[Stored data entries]
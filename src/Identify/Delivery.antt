-- ===== src/Identify/Delivery.antt =====
-- From the peer that opens the stream to the event of the other one; and a stream that says too much.
use mathlib.Core.List.{flatten}
use minip2p.Prelude.{
  ℕ, ◌+◌, ◌-◌, ◌≤◌, ◌<◌, ◌≡◌, refl, sym, ap, ◌∙◌, arith, true, false, List, [], ◌∷◌, ◌++◌, Option,
  none, some, length, length-append, append_assoc, append-nil, ltb, All, drop, take-length,
  drop-length,
}
use minip2p.Prelude.Bits.{IsU64}
use minip2p.Prelude.Maps.{Order, nat_order, get, insert, remove, get-insert, get-remove}
use minip2p.Prelude.Result.{ok}
use minip2p.Varint.{Bytes, uvarint_len, write_uvarint}
use minip2p.Varint.Encode.{length-write_uvarint}
use minip2p.Varint.RoundTrip.{read_uvarint-write_uvarint}
use minip2p.Identity.PeerId.{Multihash, PeerId}
use minip2p.Core.Multiaddr.{Multiaddr}
use minip2p.Identify.Message
use minip2p.Identify.Message.{IdentifyMessage}
use minip2p.Identify.Message.RoundTrip.{IsText, IsTyped, identify_decode-encode}
use minip2p.Identify.Types.{
  max_message_size, StreamId, IdentifyConfig, IdentifyProtocol, IdentifyAction, send,
  close_stream_write, received, error, exceeds_maximum, PeerIdentifyState, default,
}
use minip2p.Ping.{is_some, or_else}
use minip2p.Identify.{
  store, push_event, encode_length_prefixed, decode_length_prefixed, decode_buf, decoded_event,
  own_message, register_outbound_stream, register_inbound_stream, on_stream_data,
  on_stream_remote_write_closed,
}

-- `decode_length_prefixed` takes the payload out, whatever follows it.
decode_length_prefixed-append :
    (payload rest : Bytes)
    → IsU64 (length payload)
    → decode_length_prefixed (encode_length_prefixed payload ++ rest) ≡ ok payload
unfolding decode_length_prefixed encode_length_prefixed
decode_length_prefixed-append payload rest h =
    let front = write_uvarint (length payload) [] in
    let n : length front ≡ uvarint_len (length payload) =
      omega (arith, length-write_uvarint (length payload) []) in
    let read = read_uvarint-write_uvarint (length payload) (payload ++ rest) h in
    let all : length (front ++ (payload ++ rest)) ≡ length front + (length payload + length rest) =
      omega (arith, length-append front (payload ++ rest), length-append payload rest) in
    let enough : ltb (length (front ++ (payload ++ rest)) - uvarint_len (length payload))
          (length payload)
        ≡ false =
      ground (arith, all, n) in
    let behind : drop (uvarint_len (length payload)) (front ++ (payload ++ rest))
        ≡ payload ++ rest =
      ap (λ (k : ℕ). drop k (front ++ (payload ++ rest))) (sym n)
      ∙ drop-length front (payload ++ rest) in
    rw (append_assoc front payload rest, read, enough, behind, take-length payload rest) refl

decode_buf-sent :
    (msg : IdentifyMessage)
    → IsTyped msg
    → IsU64 (length (Message.encode msg))
    → decode_buf (encode_length_prefixed (Message.encode msg)) ≡ ok msg
unfolding decode_buf
decode_buf-sent msg u h =
    let body = Message.encode msg in
    let e =
      ap decode_length_prefixed (sym (append-nil (encode_length_prefixed body)))
      ∙ decode_length_prefixed-append body [] h in
    rw (e, identify_decode-encode msg u h) refl

sent_small :
    (body : Bytes) → length (encode_length_prefixed body) ≤ max_message_size → IsU64 (length body)
unfolding encode_length_prefixed
sent_small body h = omega (arith, length-append (write_uvarint (length body) []) body)

-- The texts of a configuration are texts.
pub record IsConfig (config : IdentifyConfig) : Type 0 where
  pub protocols_text : All IsText config.protocols
  pub version_text : IsText config.protocol_version
  pub agent_text : IsText config.agent_version

module _ {H : Type 0} ⦃m : Multihash H⦄ ⦃o : Order (PeerId H)⦄ where
  own_message-IsTyped :
      (config : IdentifyConfig) (seen : Option (Multiaddr H)) (addrs : List (Multiaddr H))
      → IsConfig config
      → IsTyped (own_message config seen addrs)
  unfolding own_message
  own_message-IsTyped config seen addrs h = record {
    protocols_text = h.protocols_text;
    version_text = h.version_text;
    agent_text = h.agent_text;
  }

  -- The bytes that a peer sends about itself.
  abbrev pub sent : IdentifyConfig → Option (Multiaddr H) → List (Multiaddr H) → Bytes
  sent config seen addrs = encode_length_prefixed (Message.encode (own_message config seen addrs))

  module _ (k : PeerId H) (s : StreamId) where
    -- Data of the stream, one chunk after the other.
    unfoldable pub feed : IdentifyProtocol H → List Bytes → IdentifyProtocol H
    feed p [] = p
    feed p (c ∷ cs) = feed (on_stream_data p k s c).0 cs

    -- The stream is known, and `buf` is what it has received.
    pub record Waits (p : IdentifyProtocol H) (state : PeerIdentifyState) (buf : Bytes)
        : Type 0 where
      pub there : get p.peers k ≡ some state
      pub buffered : get state.inbound_streams s ≡ some buf

    abbrev buffering : PeerIdentifyState → Bytes → PeerIdentifyState
    buffering state buf = record state { inbound_streams = insert state.inbound_streams s buf }

    Waits-store :
        (p : IdentifyProtocol H) (state : PeerIdentifyState) (buf : Bytes)
        → Waits (store p k (buffering state buf)) (buffering state buf) buf
    Waits-store p state buf = record {
      there = get-insert p.peers k (buffering state buf);
      buffered = get-insert state.inbound_streams s buf;
    }

    on_data_part :
        (p : IdentifyProtocol H) (state : PeerIdentifyState) (buf c : Bytes)
        → Waits p state buf
        → length (buf ++ c) ≤ max_message_size
        → (on_stream_data p k s c).0 ≡ store p k (buffering state (buf ++ c))
    unfolding on_stream_data
    on_data_part p state buf c w h =
        let short : ltb max_message_size (length (buf ++ c)) ≡ false = ground arith in
        rw (w.there, w.buffered, short, on_stream_data) refl

    -- What a run of chunks leaves: the buffer is complete and nothing else has happened.
    pub record Fed (p p' : IdentifyProtocol H) (buf : Bytes) : Type 0 where
      pub state : PeerIdentifyState
      pub waits : Waits p' state buf
      pub events_same : p'.events ≡ p.events

    feed-Fed :
        (cs : List Bytes) (p : IdentifyProtocol H) (state : PeerIdentifyState) (buf : Bytes)
        → Waits p state buf
        → length (buf ++ flatten cs) ≤ max_message_size
        → Fed p (feed p cs) (buf ++ flatten cs)
    unfolding feed flatten
    feed-Fed [] p state buf w h = record {
      state = state;
      waits = rw append-nil w;
      events_same = refl;
    }
    feed-Fed (c ∷ cs) p state buf w h =
        let next = store p k (buffering state (buf ++ c)) in
        let size : length (buf ++ c) ≤ max_message_size = omega (
          arith,
          length-append buf (c ++ flatten cs),
          length-append c (flatten cs),
          length-append buf c,
        ) in
        let rest =
          feed-Fed cs next (buffering state (buf ++ c)) (buf ++ c) (Waits-store p state (buf ++ c))
            (rw (append_assoc buf c (flatten cs)) h) in
        rw (on_data_part p state buf c w size) (
          rw (append_assoc buf c (flatten cs)) at (
            let r : Fed p (feed next cs) ((buf ++ c) ++ flatten cs) = record {
              state = rest.state;
              waits = rest.waits;
              events_same = rest.events_same;
            } in
            r))

    abbrev closed : PeerIdentifyState → PeerIdentifyState
    closed state = record state { inbound_streams = remove state.inbound_streams s }

    on_close :
        (p : IdentifyProtocol H) (state : PeerIdentifyState) (buf : Bytes)
        → Waits p state buf
        → on_stream_remote_write_closed p k s ≡ (
          push_event (store p k (closed state)) (decoded_event k s (decode_buf buf)),
          close_stream_write k s ∷ [],
        )
    unfolding on_stream_remote_write_closed
    on_close p state buf w = rw (w.there, w.buffered, on_stream_remote_write_closed) refl

    register_inbound-Waits :
        (p : IdentifyProtocol H)
        → get (or_else (get p.peers k) default).inbound_streams s ≡ none
        → Waits (register_inbound_stream p k s) (buffering (or_else (get p.peers k) default) []) []
    unfolding register_inbound_stream
    register_inbound-Waits p n = rw n (Waits-store p (or_else (get p.peers k) default) [])

    -- What a peer sends about itself when it opens the stream is, cut into chunks anyhow, reported by
    -- the other one when the stream ends, as one event behind those before it, and that one closes its
    -- own side. The sender has no stream open to its peer, the stream is new to the receiver, the texts
    -- are texts and the bytes are within the size limit.
    pub identify_delivery :
        (q p : IdentifyProtocol H) (j : PeerId H) (r : StreamId) (seen : Option (Multiaddr H))
        (addrs : List (Multiaddr H)) (cs : List Bytes)
        → IsConfig q.config
        → is_some (or_else (get q.peers j) default).outbound_stream ≡ false
        → get (or_else (get p.peers k) default).inbound_streams s ≡ none
        → length (sent q.config seen addrs) ≤ max_message_size
        → flatten cs ≡ sent q.config seen addrs
        → ((register_outbound_stream q j r seen addrs).1
            ≡ ok (send j r (sent q.config seen addrs) ∷ close_stream_write j r ∷ []))
          × ((on_stream_remote_write_closed (feed (register_inbound_stream p k s) cs) k s).0.events
              ≡ p.events ++ (received k (own_message q.config seen addrs) ∷ []))
          × ((on_stream_remote_write_closed (feed (register_inbound_stream p k s) cs) k s).1
              ≡ close_stream_write k s ∷ [])
    identify_delivery q p j r seen addrs cs c free new_stream size e =
        let p' = register_inbound_stream p k s in
        let w = register_inbound-Waits p new_stream in
        let fed =
          feed-Fed cs p' (buffering (or_else (get p.peers k) default) []) [] w
            (omega (arith, ap length e)) in
        let close = on_close (feed p' cs) fed.state (flatten cs) fed.waits in
        let msg = own_message q.config seen addrs in
        let body = Message.encode msg in
        let decoded =
          ap decode_buf e
          ∙ decode_buf-sent msg (own_message-IsTyped q.config seen addrs c)
              (sent_small body size) in
        (
          unfold register_outbound_stream in rw free refl,
          ap (λ (x : IdentifyProtocol H × List (IdentifyAction H)). x.0.events) close
              ∙ rw (decoded, fed.events_same) (unfold register_inbound_stream in refl),
          ap (λ (x : IdentifyProtocol H × List (IdentifyAction H)). x.1) close,
        )

    -- A stream that has said more than the size limit is given up: one error event with the length
    -- that was reached, no action, and the stream is forgotten, so that its end is not reported.
    pub identify_overflow :
        (p : IdentifyProtocol H) (state : PeerIdentifyState) (buf c : Bytes)
        → Waits p state buf
        → max_message_size < length (buf ++ c)
        → ((on_stream_data p k s c).0.events
            ≡ p.events ++ (error k s (exceeds_maximum (length (buf ++ c))) ∷ []))
          × ((on_stream_data p k s c).1 ≡ [])
          × (on_stream_remote_write_closed (on_stream_data p k s c).0 k s
              ≡ ((on_stream_data p k s c).0, []))
    unfolding on_stream_data
    identify_overflow p state buf c w h =
        let long : ltb max_message_size (length (buf ++ c)) ≡ true = ground arith in
        rw (w.there, w.buffered, long, on_stream_data)
          (
            refl,
            refl,
            unfold on_stream_remote_write_closed in
                rw
                  (
                    get-insert p.peers k (closed state),
                    get-remove state.inbound_streams s,
                    on_stream_remote_write_closed,
                  )
                  refl,
          )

# Try it
Please transcribe exactly the lines above from the line that has "Waits (register_inbound_stream p" up to and including the line that has "cs ≡ sent q.config seen addrs"; no other line belongs in the answer.

# The completed task
        → Waits (register_inbound_stream p k s) (buffering (or_else (get p.peers k) default) []) []
    unfolding register_inbound_stream
    register_inbound-Waits p n = rw n (Waits-store p (or_else (get p.peers k) default) [])

    -- What a peer sends about itself when it opens the stream is, cut into chunks anyhow, reported by
    -- the other one when the stream ends, as one event behind those before it, and that one closes its
    -- own side. The sender has no stream open to its peer, the stream is new to the receiver, the texts
    -- are texts and the bytes are within the size limit.
    pub identify_delivery :
        (q p : IdentifyProtocol H) (j : PeerId H) (r : StreamId) (seen : Option (Multiaddr H))
        (addrs : List (Multiaddr H)) (cs : List Bytes)
        → IsConfig q.config
        → is_some (or_else (get q.peers j) default).outbound_stream ≡ false
        → get (or_else (get p.peers k) default).inbound_streams s ≡ none
        → length (sent q.config seen addrs) ≤ max_message_size
        → flatten cs ≡ sent q.config seen addrs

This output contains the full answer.